The items you listed are practical decisions that can be made using rational decision analysis and data collection... 

You can use numbers and alternatives written down and evaluate your options. 

For example, selling the house is a no brainer if the numbers work out - easy to prove or disprove. 

Skipping a year - generally I'm against major skips but school officials deal with this all the time so again a no brainer decision.

Could it be she makes her mind ahead of time and gets fussy if you don't go along?


----------



## EleGirl (Dec 3, 2011)

I think that JLD and Anon Pink are right on. 

Your wife is not being mean. She's telling you how she feels and you need to listen to what she has to say, just listen.

What she is telling you is that she capitulated to you because, as Anon Pink says, she has shut down points. She just gave up at some point and gave into to the decision that you made. Notice in your last post you said that you made the decision... sounds like a Freudian slip to me. It does not make you bad, it just is.

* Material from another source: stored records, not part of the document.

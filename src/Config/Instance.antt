-- ===== src/Config/Instance.antt =====
-- src/margo-config.c: adding and removing pools and execution streams of an instance. An instance is
-- its arrays and the indices of two pools; none is a null instance. The calls of the monitor change
-- nothing.
use Prim.Native.String.{String}
use mochi_margo.Mercury.{HgReturn, success, invalid_arg, other_error}
use mochi_margo.Base.{
  ℕ, ◌-◌, Bool, true, false, ◌==◌, ltb, if◌then◌else◌, Option, none, some, List, length, get_elem?,
}
use mochi_margo.Registry.Defs.{modify_at}
use mochi_margo.AbtConfig.Json.{Json}
use mochi_margo.AbtConfig.Entries.{
  PoolEntry, XstreamEntry, Abt, find_pool_by_name, find_pool_by_handle, find_xstream_by_name,
  find_xstream_by_handle,
}
use mochi_margo.AbtConfig.Xstreams.{Argobots, Makers, handle_at, or_null}
use mochi_margo.AbtConfig.Arrays.{
  add_pool_from_json, add_external_pool, add_xstream_from_json, add_external_xstream, remove_pool,
  remove_xstream,
}
use mochi_margo.Config.Defs.{Slot, pool_slot, xstream_slot, Info}

pub record Instance : Type 0 where
  pub abt : Abt
  pub progress_pool_idx : ℕ
  pub rpc_pool_idx : ℕ

-- MARGO_PROGRESS_POOL and MARGO_RPC_POOL: the slots behind the entries are zero.
abbrev pub progress_pool : Instance → ℕ
progress_pool mid = or_null (handle_at mid.abt.pools (some mid.progress_pool_idx))

abbrev pub rpc_pool : Instance → ℕ
rpc_pool mid = or_null (handle_at mid.abt.pools (some mid.rpc_pool_idx))

abbrev pub with_abt : Instance → Abt → Instance
with_abt mid abt = record mid { abt = abt }

-- The text of a configuration: none, one that cannot be parsed, or a value.
pub data Parsed (V : Type 0) : Type 0 where
  empty bad : Parsed V
  value : V → Parsed V

abbrev pub info_at : {A : Type 0} → Slot A → ℕ → Option A → Option Info
info_at S i none = none
info_at S i (some x) = some (record { index = i; name = S.name x; handle = S.handle x })

abbrev pub pool_info : List PoolEntry → ℕ → Option Info
pool_info pools i = info_at pool_slot i (get_elem? pools i)

abbrev pub xstream_info : List XstreamEntry → ℕ → Option Info
xstream_info xstreams i = info_at xstream_slot i (get_elem? xstreams i)

-- What a caller learns: the result, and the information on the last entry.
abbrev pub Reply : Type 0
Reply = HgReturn × Option Info × Option Instance

abbrev pub pool_reply : Instance → Bool × Abt → Reply
pool_reply mid (false, abt) = (invalid_arg, none, some (with_abt mid abt))
pool_reply mid (true, abt) =
    (success, pool_info abt.pools (length abt.pools - 1), some (with_abt mid abt))

abbrev pub xstream_reply : Instance → Bool × Abt → Reply
xstream_reply mid (false, abt) = (invalid_arg, none, some (with_abt mid abt))
xstream_reply mid (true, abt) =
    (success, xstream_info abt.xstreams (length abt.xstreams - 1), some (with_abt mid abt))

-- `take_ownership` of the pool or the stream that was added last.
abbrev pub own_pool : Bool → Bool × Abt → Bool × Abt
own_pool owned (false, abt) = (false, abt)
own_pool owned (true, abt) = (
  true,
  record abt {
    pools = modify_at (length abt.pools - 1) (λ p. record p { margo_free_flag = owned }) abt.pools;
  },
)

abbrev pub own_xstream : Bool → Bool × Abt → Bool × Abt
own_xstream owned (false, abt) = (false, abt)
own_xstream owned (true, abt) = (
  true,
  record abt {
    xstreams =
        modify_at (length abt.xstreams - 1) (λ x. record x { margo_free_flag = owned })
          abt.xstreams;
  },
)

abbrev pub own_external : Instance → Bool → Option (Bool × Abt) → Option Reply
own_external mid owned none = none
own_external mid owned (some r) = some (xstream_reply mid (own_xstream owned r))

module _ (J : Json) (numbered : ℕ → String) (before_two abt_runs memory copied : Bool)
    (M : Makers) where
  -- `margo_add_pool_from_json`, which faults on a null instance: none.
  unfoldable pub add_pool_json : Option Instance → Parsed J.Value → Option Reply
  unfolding add_pool_from_json
  add_pool_json mid bad = some (invalid_arg, none, mid)
  add_pool_json none config = none
  add_pool_json (some mid) empty = some (
      pool_reply mid
        (add_pool_from_json J numbered before_two abt_runs memory copied M mid.abt none))
  add_pool_json (some mid) (value v) = some (
      pool_reply mid
        (add_pool_from_json J numbered before_two abt_runs memory copied M mid.abt (some v)))

  -- `margo_add_xstream_from_json`
  unfoldable pub add_xstream_json : Argobots → Option Instance → Parsed J.Value → Reply
  unfolding add_xstream_from_json
  add_xstream_json A none config = (invalid_arg, none, none)
  add_xstream_json A (some mid) bad = (invalid_arg, none, some mid)
  add_xstream_json A (some mid) empty =
      xstream_reply mid
        (add_xstream_from_json J numbered before_two abt_runs memory copied M A mid.abt none)
  add_xstream_json A (some mid) (value v) =
      xstream_reply mid
        (add_xstream_from_json J numbered before_two abt_runs memory copied M A mid.abt (some v))

module _ (numbered : ℕ → String) (memory : Bool) where
  -- `margo_add_pool_external`
  unfoldable pub add_pool_external :
      Option Instance → Option String → ℕ → (take_ownership : Bool) → Reply
  unfolding add_external_pool
  add_pool_external none name pool owned = (invalid_arg, none, none)
  add_pool_external (some mid) name pool owned =
      pool_reply mid (own_pool owned (add_external_pool numbered memory mid.abt name pool))

  -- `margo_add_xstream_external`; none is a fault.
  unfoldable pub add_xstream_external :
      Argobots → Option Instance → Option String → ℕ → (take_ownership : Bool) → Option Reply
  unfolding add_external_xstream
  add_xstream_external A none name xstream owned = some (invalid_arg, none, none)
  add_xstream_external A (some mid) name xstream owned =
      own_external mid owned (add_external_xstream numbered memory A mid.abt name xstream)

abbrev pub removed : Instance → HgReturn × Abt → HgReturn × Option Instance
removed mid (ret, abt) = (ret, some (with_abt mid abt))

module _ (total_size : ℕ → Option ℕ) (mid : Instance) where
  -- The checks that the three removals of a pool share, at the entry of an index.
  abbrev pub remove_at : ℕ → Option PoolEntry → HgReturn × Option Instance
  remove_at index none = (invalid_arg, some mid)
  remove_at index (some p) =
      if p.pool == progress_pool mid
      then (other_error, some mid)
      else if p.pool == rpc_pool mid
      then (other_error, some mid)
      else removed mid (remove_pool total_size mid.abt index)

  abbrev pub remove_found : Option ℕ → HgReturn × Option Instance
  remove_found none = (invalid_arg, some mid)
  remove_found (some index) = remove_at index (get_elem? mid.abt.pools index)

module _ (total_size : ℕ → Option ℕ) where
  -- `margo_remove_pool_by_index`, `margo_remove_pool_by_name` and `margo_remove_pool_by_handle`
  unfoldable pub remove_pool_by_index : Option Instance → ℕ → HgReturn × Option Instance
  unfolding remove_pool
  remove_pool_by_index none index = (invalid_arg, none)
  remove_pool_by_index (some mid) index =
      remove_at total_size mid index (get_elem? mid.abt.pools index)

  unfoldable pub remove_pool_by_name : Option Instance → Option String → HgReturn × Option Instance
  unfolding remove_pool
  remove_pool_by_name none name = (invalid_arg, none)
  remove_pool_by_name (some mid) name =
      remove_found total_size mid (find_pool_by_name mid.abt.pools name)

  unfoldable pub remove_pool_by_handle : Option Instance → ℕ → HgReturn × Option Instance
  unfolding remove_pool
  remove_pool_by_handle none pool = (invalid_arg, none)
  remove_pool_by_handle (some mid) pool =
      remove_found total_size mid (find_pool_by_handle mid.abt.pools pool)

module _ (A : Argobots) where
  -- `margo_remove_xstream_by_index`, `margo_remove_xstream_by_name` and
  -- `margo_remove_xstream_by_handle`
  unfoldable pub remove_xstream_by_index : Option Instance → ℕ → HgReturn × Option Instance
  unfolding remove_xstream
  remove_xstream_by_index none index = (invalid_arg, none)
  remove_xstream_by_index (some mid) index =
      if ltb index (length mid.abt.xstreams)
      then removed mid (remove_xstream A mid.abt index)
      else (other_error, some mid)

  abbrev pub remove_xstream_found : Instance → Option ℕ → HgReturn × Option Instance
  remove_xstream_found mid none = (invalid_arg, some mid)
  remove_xstream_found mid (some index) = removed mid (remove_xstream A mid.abt index)

  unfoldable pub remove_xstream_by_name :
      Option Instance → Option String → HgReturn × Option Instance
  unfolding remove_xstream
  remove_xstream_by_name none name = (invalid_arg, none)
  remove_xstream_by_name (some mid) name =
      remove_xstream_found mid (find_xstream_by_name mid.abt.xstreams name)

  unfoldable pub remove_xstream_by_handle : Option Instance → ℕ → HgReturn × Option Instance
  unfolding remove_xstream
  remove_xstream_by_handle none xstream = (invalid_arg, none)
  remove_xstream_by_handle (some mid) xstream =
      remove_xstream_found mid (find_xstream_by_handle mid.abt.xstreams xstream)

The two of you need to learn how to really listen to each other and how to negotiate. I think a counselor to address this issue would be wise. 

Your wife needs to learn that she has shut-off points where she just gives up. She needs to learn that if she just shuts-off and gives up, it's on her. And you need to learn to recognize when she's shutting-off and give her room to voice her opinion further.

One way to do all of this is for the two of you to negotiate on paper. Sure you can discuss it. But with paper there's a written record. Then both of you can look back and see what went on and hopefully learn how to not make these mistakes.


----------



## Shoto1984 (Apr 11, 2009)

Or it could be that she is passive aggressive and you're going to be on the receiving end of this as long as you're with her. 

In my case, my ex would never help or participate in any decision or project but was more than happy to critical of everything. If I said, "fine next vacation you make all the plans" then there wouldn't be a vacation because she wouldn't do anything. If I tried to get her to participate on things she would become aggressive and try to fight. There was no way to make her happy and so I stopped trying (which of course became one more thing to blame me for lol.....circular firing squad comes to mind)


----------



## Anon Pink (Jan 17, 2013)

The best way to combat passive aggressive behavior is to ignore it entirely. Why would anyone let passive aggressive griping and complaining affect them in the slightest? The key is to have a stronger sense of yourself so that the annoying buzzing of insects isn't so tiresome.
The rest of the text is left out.